Assignment ▸ Within the following material, tally each line that contains the string "checked". Give the tally only.

Extracted information ▸
========================

-- ===== src/BuildScript/Steps.antt =====
-- The steps of the build: what each leads to, where all works and where anything may fail.
use bouclier_bleu.Base.{
  ◌≡◌, refl, ◌⊎◌, inl, inr, Bool, true, false, ◌&&◌, Option, none, some, List, [], ◌∷◌, ◌++◌, Text,
  Line, codes, Outcome, ok, err, if◌then◌else◌, Bool-cases,
}
use bouclier_bleu.Reader.{Bytes}
use bouclier_bleu.Xtask.Machine.{Output}
use bouclier_bleu.Exec.{fail, unless, ◌>>=◌}
use bouclier_bleu.Exec.Ensures.{Holds, Leads, bind-Leads}
use bouclier_bleu.BuildScript.{
  ModuleNames, BpfFile, Toolchain, Build, Script, suffix, bpf_include_dir, vmlinux_path, ends_with,
  has_extension, trim_end_matches, snake_to_camel, expect, expects, include_dir, bpftool, ran,
  vmlinux, compile, built, format_ident, generate,
}

-- The C files of the kernel's modules, told by their names alone.
abbrev pub is_source : BpfFile → Bool
is_source e = e.is_file && ends_with e.name suffix

-- Their modules, in the order of the directory.
abbrev pub modules_of : List (Option BpfFile) → List Text
modules_of [] = []
modules_of (none ∷ rest) = modules_of rest
modules_of (some e ∷ rest) =
    if is_source e then trim_end_matches e.name suffix ∷ modules_of rest else modules_of rest

-- Every call of the machine succeeds.
pub record Works (tools : Toolchain) : Type 0 where
  pub creates : (p : Text) (m : tools.State) → (tools.create_dir_all p m).0 ≡ true
  pub copies : (p q : Text) (m : tools.State) → (tools.copy p q m).0 ≡ true
  pub runs :
      (args : List Text) (m : tools.State)
      → (o : Output) × ((tools.run args m).0 ≡ some o) × (o.is_success ≡ true)
  pub writes : (p : Text) (c : Bytes) (m : tools.State) → (tools.write p c m).0 ≡ true
  pub builds :
      (source : Text) (args : List Text) (target : Text) (m : tools.State)
      → (tools.build_and_generate source args target m).0 ≡ ok tt

-- The names that a C file gives are identifiers.
abbrev pub AreIdents : Toolchain → Text → Type 0
AreIdents tools name =
    (tools.is_ident name ≡ true)
    × (tools.is_ident (snake_to_camel tools name ++ codes "SkelBuilder") ≡ true)
    × (tools.is_ident (snake_to_camel tools name ++ codes "Skel") ≡ true)

-- An entry that can be read: a C file's name is UTF-8, and a module's gives identifiers.
abbrev pub IsFit : Toolchain → Option BpfFile → Type 0
IsFit tools none = ⊥
IsFit tools (some e) =
    ((e.is_file && has_extension (codes "c") e.name ≡ true) → e.is_utf8 ≡ true)
    × ((is_source e ≡ true) → AreIdents tools (trim_end_matches e.name suffix))

-- `R` is what may hold after a panic: anything, or nothing where all works.
module _ (tools : Toolchain) (R : Type 0) where
  abbrev pub Any : {A : Type 0} → A → Build tools → Type 0
  Any a b = Unit

  abbrev pub Start : Build tools → Type 0
  Start b = Unit

  abbrev pub Panic : Build tools → Type 0
  Panic b = R

  expects-Holds :
      (message : Line) (r : Bool × tools.State) (lines : List Line)
      → R ⊎ (r.0 ≡ true)
      → Holds Any Panic (expects tools message r lines)
  expects-Holds message (true, m) lines h = tt
  expects-Holds message (false, m) lines (inl r) = r
  expects-Holds message (false, m) lines (inr h) = cc h

  pub where_works : {P Q : Type 0} → (P → Q) → R ⊎ P → R ⊎ Q
  where_works f (inl r) = inl r
  where_works f (inr p) = inr (f p)

  pub expect-Leads :
      (message : Line) (call : tools.State → Bool × tools.State)
      → R ⊎ ((m : tools.State) → (call m).0 ≡ true)
      → Leads Start (expect tools message call) Any Panic
  expect-Leads message call works b h =
      expects-Holds message (call b.machine) b.out (where_works (λ w. w b.machine) works)

  pub include_dir-Leads : R ⊎ Works tools → Leads Start (include_dir tools) Any Panic
  unfolding include_dir
  include_dir-Leads works b h = elim (Bool-cases (tools.exists bpf_include_dir b.machine)) [
    | inl there ↦ rw there tt
    | inr missing ↦ rw missing (
        expect-Leads _ (tools.create_dir_all bpf_include_dir)
          (where_works (λ w. w.creates bpf_include_dir) works) b tt)
  ]

  ran-Holds :
      (r : Option Output × tools.State) (lines : List Line)
      → R ⊎ ((o : Output) × (r.0 ≡ some o) × (o.is_success ≡ true))
      → Holds (λ o b. R ⊎ (o.is_success ≡ true)) Panic (ran tools r lines)
  ran-Holds (none, m) lines (inl r) = r
  ran-Holds (none, m) lines (inr (o, h, s)) = cc h
  ran-Holds (some x, m) lines (inl r) = inl r
  ran-Holds (some x, m) lines (inr (o, h, s)) = let e : o ≡ x = cc h in inr (rw (← e) s)

  bpftool-Leads :
      R ⊎ Works tools → Leads Start (bpftool tools) (λ o b. R ⊎ (o.is_success ≡ true)) Panic
  unfolding bpftool
  bpftool-Leads works b h = ran-Holds _ b.out (where_works (λ w. w.runs _ b.machine) works)

  -- The assertion on what bpftool answered.
  unless-Leads :
      (done : Bool) (message : Line)
      → Leads (λ b. R ⊎ (done ≡ true)) (unless done (fail {S = Build tools} message)) Any Panic
  unless-Leads true message b h = tt
  unless-Leads false message b (inl r) = r
  unless-Leads false message b (inr h) = cc h

  pub vmlinux-Leads :
      (path : Option Text) → R ⊎ Works tools → Leads Start (vmlinux tools path) Any Panic
  unfolding vmlinux ◌>>=◌
  vmlinux-Leads (some p) works = λ b h.
      expect-Leads _ (tools.copy p vmlinux_path) (where_works (λ w. w.copies p vmlinux_path) works)
        _ tt
  vmlinux-Leads none works =
      bind-Leads Start (λ o b. R ⊎ (o.is_success ≡ true)) Any Panic (bpftool tools) _
        (bpftool-Leads works)
        λ o.
          bind-Leads (λ b. R ⊎ (o.is_success ≡ true)) Any Any Panic (unless o.is_success _) _
            (unless-Leads o.is_success _)
            λ done.
              expect-Leads _ (tools.write vmlinux_path o.stdout)
                (where_works (λ w. w.writes vmlinux_path o.stdout) works)

  built-Holds :
      (file_name : Text) (r : Outcome Text (Unit {0}) × tools.State) (lines : List Line)
      → R ⊎ (r.0 ≡ ok tt)
      → Holds Any Panic (built tools file_name r lines)
  built-Holds file_name (ok done, m) lines h = tt
  built-Holds file_name (err why, m) lines (inl r) = r
  built-Holds file_name (err why, m) lines (inr h) = cc h

  compile-Leads :
      (out_dir file_name skel_name : Text)
      → R ⊎ Works tools
      → Leads Start (compile tools out_dir file_name skel_name) Any Panic
  unfolding compile
  compile-Leads out_dir file_name skel_name works b h =
      built-Holds file_name _ b.out (where_works (λ w. w.builds _ _ _ b.machine) works)

  format_ident-Leads :
      (name : Text)
      → R ⊎ (tools.is_ident name ≡ true)
      → Leads Start (format_ident tools name) (λ i b. i ≡ name) Panic
  unfolding format_ident
  format_ident-Leads name (inl r) b h = elim (Bool-cases (tools.is_ident name)) [
    | inl valid ↦ rw valid refl
    | inr bad ↦ rw bad r
  ]
  format_ident-Leads name (inr valid) b h = rw valid refl

  abbrev pub Named : Text → ModuleNames → Build tools → Type 0
  Named base g b = g.mod_ident ≡ base

  -- An identifier that is refused is a panic.
  checked-Leads :
      (base name : Text) (next : Text → Script tools ModuleNames)
      → R ⊎ (tools.is_ident name ≡ true)
      → ((i : Text) → i ≡ name → Leads Start (next i) (Named base) Panic)
      → Leads Start (format_ident tools name >>= next) (Named base) Panic
  checked-Leads base name next valid later =
      bind-Leads Start (λ i b. i ≡ name) (Named base) Panic (format_ident tools name) next
        (format_ident-Leads name valid) (λ i b e. later i e b tt)

  pub generate-Leads :
      (out_dir file_name : Text)
      → R ⊎ Works tools
      → R ⊎ AreIdents tools (trim_end_matches file_name suffix)
      → Leads Start
          (generate tools out_dir file_name)
          (Named (trim_end_matches file_name suffix))
          Panic
  unfolding generate
  generate-Leads out_dir file_name works idents =
      let base = trim_end_matches file_name suffix in
      bind-Leads Start Any (Named base) Panic _ _
        (compile-Leads out_dir file_name (base ++ codes ".skel.rs") works)
        λ done. checked-Leads base base _ (where_works (λ a. a.0) idents) λ i e.
          checked-Leads base _ _ (where_works (λ a. a.1) idents)
            λ j _. checked-Leads base _ _ (where_works (λ a. a.2) idents) λ k _ b _. e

========================

Exercise output ▸ 5